*** Opening DATA RECORDS ***
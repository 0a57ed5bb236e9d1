-- ===== src/Roles/Drop/Safety.antt =====
-- When the role of a deleted Role is touched at all, and what precedes each act.
use pgop.Prelude.{
  true, false, ◌⊎◌, List, [], ◌∷◌, ◌++◌, ◌≡◌, refl, arith, ◌==◌, Option, none, some, Result, ok,
  err, Bool-cases, inl, inr,
}
use pgop.Text.{Text, text_eq}
use pgop.Grants.Engine.{CallError}
use pgop.Roles.{RoleError, reserved_role_name}
use pgop.Roles.Reassign.{
  Act, revoke_parameters, revoke_database_privileges, connect_to, revoke_schema_privileges,
  revoke_extension_privileges, revoke_recorded_objects, reassign_owned, drop_role, Entry, done,
  tried, Acts, ReassignTargetInfo, DatabaseConns, DropServer, ReassignProblem, reassign_problem,
  check_reassign_target, Reassigned, swept, failed, logged, after, reassign_owned_in, unless_failed,
  act_then, last_act, or_skipped, sweep, reassign_everywhere, unless_owner, unless_refused,
  reassign_owned_objects,
}
use pgop.Roles.Drop.{revoke_schema_privileges_in}

abbrev pub Has : Entry → Acts → Type 0
Has e [] = ⊥
Has e (x ∷ log) = (x ≡ e) ⊎ Has e log

-- Each of the acts was done.
abbrev pub AllDone : List Act → Acts → Type 0
AllDone [] log = Unit
AllDone (act ∷ acts) log = Has (done act) log × AllDone acts log

pub AllDone-more :
    (acts : List Act) (e : Entry) (log : Acts) → AllDone acts log → AllDone acts (e ∷ log)
AllDone-more [] e log h = tt
AllDone-more (act ∷ acts) e log (p, h) = (inr p, AllDone-more acts e log h)

abbrev pub revocations : List Act
revocations = revoke_recorded_objects ∷ revoke_database_privileges ∷ revoke_parameters ∷ []

module _ (server : DropServer) (name : Text) (target : Option Text) where
  -- The target may be handed what the role owns: it is another role, not reserved, that exists, is no
  -- superuser and that the role is a member of; and the role owns no database.
  abbrev pub MayReceive : Text → Type 0
  MayReceive t =
      (reserved_role_name t ≡ none)
      × ((t == name) ≡ false)
      × (log : Acts) × (info : ReassignTargetInfo) × (server.reassign_target log ≡ ok info)
      × (info.exists ≡ true)
      × (info.super ≡ false)
      × (info.old_has_usage ≡ true)
      × (server.databases_owned log ≡ ok [])

  -- The spec asks for no reassignment, or its target may receive it.
  abbrev pub IsCleared : Option Text → Type 0
  IsCleared none = Unit
  IsCleared (some t) = (t ≡ []) ⊎ MayReceive t

  -- What has to hold for an act, after those of `log`.
  abbrev pub MayRun : Act → Acts → Type 0
  MayRun (reassign_owned db old t) log = (old ≡ name) × (some t ≡ target) × MayReceive t
  MayRun (drop_role n) log = (n ≡ name) × AllDone revocations log × IsCleared target
  MayRun _ log = Unit

  abbrev pub act_of : Entry → Act
  act_of (done act) = act
  act_of (tried act) = act

  abbrev pub IsLawful : Acts → Type 0
  IsLawful [] = Unit
  IsLawful (e ∷ log) = MayRun (act_of e) log × IsLawful log

  -- The log is lawful, and the acts were done.
  abbrev pub IsAt : List Act → Acts → Type 0
  IsAt acts log = IsLawful log × AllDone acts log

  pub logged-IsAt :
      (acts : List Act) (act : Act) (o : Option CallError) (log : Acts)
      → MayRun act log
      → IsAt acts log
      → IsAt acts (logged act o log)
  logged-IsAt acts act none log m (l, d) = ((m, l), AllDone-more acts (done act) log d)
  logged-IsAt acts act (some e) log m (l, d) = ((m, l), AllDone-more acts (tried act) log d)

  -- A loop over databases keeps what its body keeps.
  pub sweep-keeps :
      (P : Acts → Type 0) (work : Text → Acts → Acts × Option CallError)
      → ((db : Text) (log : Acts) → P log → P (work db log).0)
      → (dbs : List DatabaseConns) (skipped : List Text) (log : Acts) → P log
      → P (sweep server work dbs skipped log).log
  unfolding sweep
  sweep-keeps P work keep [] skipped log h = h
  sweep-keeps P work keep (db ∷ dbs) skipped log h = elim (Bool-cases db.allow_conns) [
    | inr e ↦ rw e (sweep-keeps P work keep dbs (skipped ++ db.name ∷ []) log h)
    | inl e ↦
        let out = work db.name log in
        rw e (
          sweep-keeps P work keep dbs (or_skipped server db.name out.1 skipped) out.0
            (keep db.name log h))
  ]

  act_then-IsAt :
      (acts : List Act) (act : Act) (log : Acts) (next : Acts → Acts × Option CallError)
      → MayRun act log
      → ((l : Acts) → IsAt acts l → IsAt acts (next l).0)
      → IsAt acts log
      → IsAt acts (act_then server act log next).0
  act_then-IsAt acts act log next m keep h =
      continue (server.answer log act) (logged-IsAt acts act (server.answer log act) log m h)
    where
      continue :
          (o : Option CallError)
          → IsAt acts (after server log act)
          → IsAt acts (unless_failed server (after server log act) next o).0
      continue (some e) k = k
      continue none k = keep (after server log act) k

  pub revoke_schema_privileges_in-IsAt :
      (acts : List Act) (db : Text) (log : Acts)
      → IsAt acts log
      → IsAt acts (revoke_schema_privileges_in server db log).0
  unfolding revoke_schema_privileges_in
  revoke_schema_privileges_in-IsAt acts db log h =
      let last = last_act server (revoke_extension_privileges db) in
      let middle = λ (l : Acts). act_then server (revoke_schema_privileges db) l last in
      act_then-IsAt acts (connect_to db) log middle tt
        (λ l k.
          act_then-IsAt acts (revoke_schema_privileges db) l last tt
            (λ m n.
              logged-IsAt acts (revoke_extension_privileges db)
                (server.answer m (revoke_extension_privileges db)) m tt n)
            k)
        h

  reassign_owned_in-IsAt :
      (acts : List Act) (t db : Text) (log : Acts)
      → (some t ≡ target) × MayReceive t
      → IsAt acts log
      → IsAt acts (reassign_owned_in server name t db log).0
  unfolding reassign_owned_in
  reassign_owned_in-IsAt acts t db log (e, m) h =
      let act = reassign_owned db name t in
      act_then-IsAt acts (connect_to db) log (last_act server act) tt
        (λ l k. logged-IsAt acts act (server.answer l act) l (refl, e, m) k) h

  reassign_problem-none :
      (t : Text) (info : ReassignTargetInfo) (o : Option RoleError)
      → reserved_role_name t ≡ o
      → reassign_problem name t info o ≡ none
      → (reserved_role_name t ≡ none)
        × ((t == name) ≡ false)
        × (info.exists ≡ true)
        × (info.super ≡ false)
        × (info.old_has_usage ≡ true)
  reassign_problem-none t info (some e) r h = cc
  reassign_problem-none t info none r h =
      (r, ground (arith, h), ground (arith, h), ground (arith, h), ground (arith, h))

  -- What may follow a reassignment: the target may receive, and the log is lawful.
  abbrev pub SweptAt : Text → Reassigned → Type 0
  SweptAt t (swept s) = MayReceive t × IsAt revocations s.log
  SweptAt t _ = Unit

  pub reassign_owned_objects-SweptAt :
      (t : Text) (log : Acts)
      → some t ≡ target
      → IsAt revocations log
      → SweptAt t (reassign_owned_objects server name t log)
  unfolding reassign_owned_objects check_reassign_target
  reassign_owned_objects-SweptAt t log e h = of_info (server.reassign_target log) refl
    where
      of_dbs :
          (r : Result CallError (List DatabaseConns))
          → MayReceive t
          → SweptAt t (reassign_everywhere server name t log r)
      of_dbs (err x) m = tt
      of_dbs (ok dbs) m = (
        m,
        sweep-keeps (IsAt revocations) (reassign_owned_in server name t)
            (λ db l k. reassign_owned_in-IsAt revocations t db l (e, m) k) dbs [] log h,
      )

      of_owned :
          (info : ReassignTargetInfo) (r : Result CallError (List Text))
          → server.reassign_target log ≡ ok info
          → server.databases_owned log ≡ r
          → (reserved_role_name t ≡ none)
            × ((t == name) ≡ false)
            × (info.exists ≡ true)
            × (info.super ≡ false)
            × (info.old_has_usage ≡ true)
          → SweptAt t (unless_owner server name t log r)
      of_owned info (err x) p q c = tt
      of_owned info (ok (db ∷ dbs)) p q c = tt
      of_owned info (ok []) p q (a, b, x, y, z) =
          of_dbs (server.databases_with_owned_objects log) (a, b, log, info, p, x, y, z, q)

      of_check :
          (info : ReassignTargetInfo) (o : Option ReassignProblem)
          → server.reassign_target log ≡ ok info
          → reassign_problem name t info (reserved_role_name t) ≡ o
          → SweptAt t (unless_refused server name t log o)
      of_check info (some x) p c = tt
      of_check info none p c =
          of_owned info (server.databases_owned log) p refl
            (reassign_problem-none t info (reserved_role_name t) refl c)

      of_info :
          (r : Result CallError ReassignTargetInfo)
          → server.reassign_target log ≡ r
          → SweptAt t (elim r [
            | err x ↦ failed x
            | ok info ↦ unless_refused server name t log (check_reassign_target name t info)
          ])
      of_info (err x) p = tt
      of_info (ok info) p =
          of_check info (reassign_problem name t info (reserved_role_name t)) p refl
*** Closing DATA RECORDS ***
*WHAT TO PRODUCE*. Where does the string "revocations" occur in the data above? Copy every line that holds it.

*SOLUTION FOR THIS EXERCISE*.
abbrev pub revocations : List Act
revocations = revoke_recorded_objects ∷ revoke_database_privileges ∷ revoke_parameters ∷ []
  MayRun (drop_role n) log = (n ≡ name) × AllDone revocations log × IsCleared target
  SweptAt t (swept s) = MayReceive t × IsAt revocations s.log
      → IsAt revocations log
        sweep-keeps (IsAt revocations) (reassign_owned_in server name t)
            (λ db l k. reassign_owned_in-IsAt revocations t db l (e, m) k) dbs [] log h,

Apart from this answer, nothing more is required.